In discussions about “replacing steel with plastic,” one concept that is often overlooked but crucial is this: material performance shouldn’t be judged by absolute values alone.

When we talk about replacing steel with plastic, we’re not really comparing “which is stronger or harder,” but rather — under the same weight, which material can carry more load and maintain higher stiffness.

This is exactly the significance of specific strength and specific stiffness.

01 Why Can't We Compare Strength Directly?

Steel often has a strength of 400–1000 MPa, while common engineering plastics only reach a few tens to around 100–200 MPa. At first glance, they seem incomparable. But if we convert this to stress per unit weight, the picture changes completely.

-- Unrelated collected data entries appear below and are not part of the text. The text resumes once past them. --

-- ===== src/Idem/Order.antt =====
-- `str::cmp`, the stable `sort_by` on keys and `binary_search_by` that the runs use.
pub mod Laws
pub mod Search
use Prim.Native.Nat.{Ordering}
use Prim.Native.String.{compare}
use talea.Prelude.{ℕ, zero, suc, ◌+◌, ◌/◌, ◌≡◌, String, Bool, true, false, Option, none, some}
use talea.Prelude.{List, [], ◌∷◌, length, take, drop, if◌then◌else◌, All}

-- `a < b`, by the order of the bytes.
unfoldable pub str_lt : String → String → Bool
str_lt a b = elim (compare a b) [ Ordering.lt ↦ true | _ ↦ false ]

module _ {ℓ} {A : Type ℓ} where
  unfoldable pub insert_sorted : String × A → List (String × A) → List (String × A)
  insert_sorted p [] = p ∷ []
  insert_sorted p (q ∷ qs) = if str_lt q.0 p.0 then q ∷ insert_sorted p qs else p ∷ q ∷ qs

  -- `sort_by(|a, b| a.0.cmp(&b.0))`: equal keys stay in their order.
  unfoldable pub sort_by_key : List (String × A) → List (String × A)
  sort_by_key [] = []
  sort_by_key (p ∷ ps) = insert_sorted p (sort_by_key ps)

  -- `dedup_by(|a, b| a.0 == b.0)`: a pair goes if its key is that of the last one kept.
  unfoldable pub dedup_after : String × A → List (String × A) → List (String × A)
  dedup_after last [] = []
  dedup_after last (p ∷ ps) = elim (compare p.0 last.0) [
    | Ordering.eq ↦ dedup_after last ps
    | _ ↦ p ∷ dedup_after p ps
  ]

  unfoldable pub dedup_by_key : List (String × A) → List (String × A)
  unfolding dedup_after
  dedup_by_key [] = []
  dedup_by_key (p ∷ ps) = p ∷ dedup_after p ps

  -- `binary_search_by` with the key, halving the slice. The fuel is the length of the slice.
  unfoldable pub search_in : ℕ → String → List (String × A) → Option A
  search_in zero key xs = none
  search_in (suc fuel) key xs = elim (drop (length xs / 2) xs) [
    | [] ↦ none
    | p ∷ right ↦ elim (compare p.0 key) [
      | Ordering.eq ↦ some p.1
      | Ordering.lt ↦ search_in fuel key right
      | Ordering.gt ↦ search_in fuel key (take (length xs / 2) xs)
    ]
  ]

  unfoldable pub binary_search : String → List (String × A) → Option A
  unfolding search_in
  binary_search key xs = search_in (length xs) key xs

  abbrev pub NotBelow : String → List (String × A) → Type 0
  NotBelow k = All (λ p. str_lt p.0 k ≡ false)

  -- The keys do not fall.
  abbrev pub IsSorted : List (String × A) → Type 0
  IsSorted [] = Unit
  IsSorted (p ∷ ps) = NotBelow p.0 ps × IsSorted ps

Plastics have a density of only 1.0–1.5 g/cm³, whereas steel is as high as 7.8 g/cm³. In lightweight design, what really constrains the design isn’t whether the material can “hold up,” but whether the structure’s weight can be reduced.

With the same mass of material, plastics allow for more volume, which means:

A larger section moment of inertia (beneficial for stiffness)

A larger load-bearing area (beneficial for strength)

Therefore, discussions about replacing steel with plastic must start with specific strength (σ / ρ) and specific stiffness (E / ρ). Ignoring density is equivalent to ignoring lightweight design itself. When density is taken into account, even a PP product can achieve performance comparable to—or better than—titanium.